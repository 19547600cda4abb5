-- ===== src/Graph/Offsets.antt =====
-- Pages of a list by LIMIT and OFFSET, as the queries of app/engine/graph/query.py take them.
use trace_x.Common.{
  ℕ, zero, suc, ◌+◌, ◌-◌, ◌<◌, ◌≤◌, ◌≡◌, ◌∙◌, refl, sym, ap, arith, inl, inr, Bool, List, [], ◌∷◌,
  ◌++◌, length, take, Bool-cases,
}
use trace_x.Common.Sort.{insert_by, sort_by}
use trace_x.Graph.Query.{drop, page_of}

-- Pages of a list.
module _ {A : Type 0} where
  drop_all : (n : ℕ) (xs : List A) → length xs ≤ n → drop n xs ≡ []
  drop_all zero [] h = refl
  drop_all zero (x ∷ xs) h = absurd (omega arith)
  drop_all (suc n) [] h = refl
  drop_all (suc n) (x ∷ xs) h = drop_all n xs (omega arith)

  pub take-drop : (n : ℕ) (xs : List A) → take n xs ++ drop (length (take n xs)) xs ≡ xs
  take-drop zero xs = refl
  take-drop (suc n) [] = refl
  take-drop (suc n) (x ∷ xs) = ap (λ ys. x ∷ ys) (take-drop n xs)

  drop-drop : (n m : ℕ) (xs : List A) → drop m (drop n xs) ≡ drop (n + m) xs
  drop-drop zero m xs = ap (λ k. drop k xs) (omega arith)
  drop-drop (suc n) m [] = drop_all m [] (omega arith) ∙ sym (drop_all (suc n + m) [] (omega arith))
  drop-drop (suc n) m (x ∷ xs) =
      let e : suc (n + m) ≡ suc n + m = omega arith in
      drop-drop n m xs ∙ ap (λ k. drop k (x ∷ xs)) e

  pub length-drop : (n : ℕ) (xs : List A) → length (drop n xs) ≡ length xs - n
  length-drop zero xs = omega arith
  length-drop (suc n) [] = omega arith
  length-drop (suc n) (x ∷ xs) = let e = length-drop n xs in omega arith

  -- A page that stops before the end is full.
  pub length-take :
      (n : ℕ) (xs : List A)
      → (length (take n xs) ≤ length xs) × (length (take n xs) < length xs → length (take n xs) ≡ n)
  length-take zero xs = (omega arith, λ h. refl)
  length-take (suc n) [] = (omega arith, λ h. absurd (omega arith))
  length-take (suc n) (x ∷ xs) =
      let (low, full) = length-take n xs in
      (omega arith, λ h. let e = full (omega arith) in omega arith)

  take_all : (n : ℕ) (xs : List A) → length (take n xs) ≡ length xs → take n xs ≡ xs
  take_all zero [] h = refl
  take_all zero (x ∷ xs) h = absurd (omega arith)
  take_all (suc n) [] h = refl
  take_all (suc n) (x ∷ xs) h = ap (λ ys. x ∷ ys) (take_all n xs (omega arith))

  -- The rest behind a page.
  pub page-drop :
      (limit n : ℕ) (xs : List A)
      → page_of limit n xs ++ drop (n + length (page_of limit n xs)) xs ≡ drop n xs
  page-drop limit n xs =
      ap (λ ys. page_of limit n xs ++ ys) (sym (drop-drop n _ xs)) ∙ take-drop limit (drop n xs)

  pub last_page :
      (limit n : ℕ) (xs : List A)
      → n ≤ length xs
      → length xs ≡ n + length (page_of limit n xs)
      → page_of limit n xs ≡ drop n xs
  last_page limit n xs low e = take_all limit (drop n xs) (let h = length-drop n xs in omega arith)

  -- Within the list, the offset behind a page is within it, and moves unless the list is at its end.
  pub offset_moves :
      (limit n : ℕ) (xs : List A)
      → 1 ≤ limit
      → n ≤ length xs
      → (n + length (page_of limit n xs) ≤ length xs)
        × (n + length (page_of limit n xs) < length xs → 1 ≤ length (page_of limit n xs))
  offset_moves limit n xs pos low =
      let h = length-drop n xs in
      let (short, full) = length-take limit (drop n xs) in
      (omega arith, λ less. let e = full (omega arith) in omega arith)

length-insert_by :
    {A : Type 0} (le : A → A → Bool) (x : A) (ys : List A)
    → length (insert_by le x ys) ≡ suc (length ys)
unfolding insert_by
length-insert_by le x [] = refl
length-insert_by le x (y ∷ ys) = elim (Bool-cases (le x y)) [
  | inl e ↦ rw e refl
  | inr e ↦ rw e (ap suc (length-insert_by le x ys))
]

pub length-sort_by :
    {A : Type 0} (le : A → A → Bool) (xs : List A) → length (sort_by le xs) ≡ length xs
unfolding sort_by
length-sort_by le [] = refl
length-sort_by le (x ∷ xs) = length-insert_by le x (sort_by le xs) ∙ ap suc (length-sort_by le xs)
==================================================
**Aim of the task:**
Every line above from the line with "-- A page that" to the line with "let (low, full) = length-take n xs in" is wanted, ends included; write them out exactly and add no other line.

**Response area:**
  -- A page that stops before the end is full.
  pub length-take :
      (n : ℕ) (xs : List A)
      → (length (take n xs) ≤ length xs) × (length (take n xs) < length xs → length (take n xs) ≡ n)
  length-take zero xs = (omega arith, λ h. refl)
  length-take (suc n) [] = (omega arith, λ h. absurd (omega arith))
  length-take (suc n) (x ∷ xs) =
      let (low, full) = length-take n xs in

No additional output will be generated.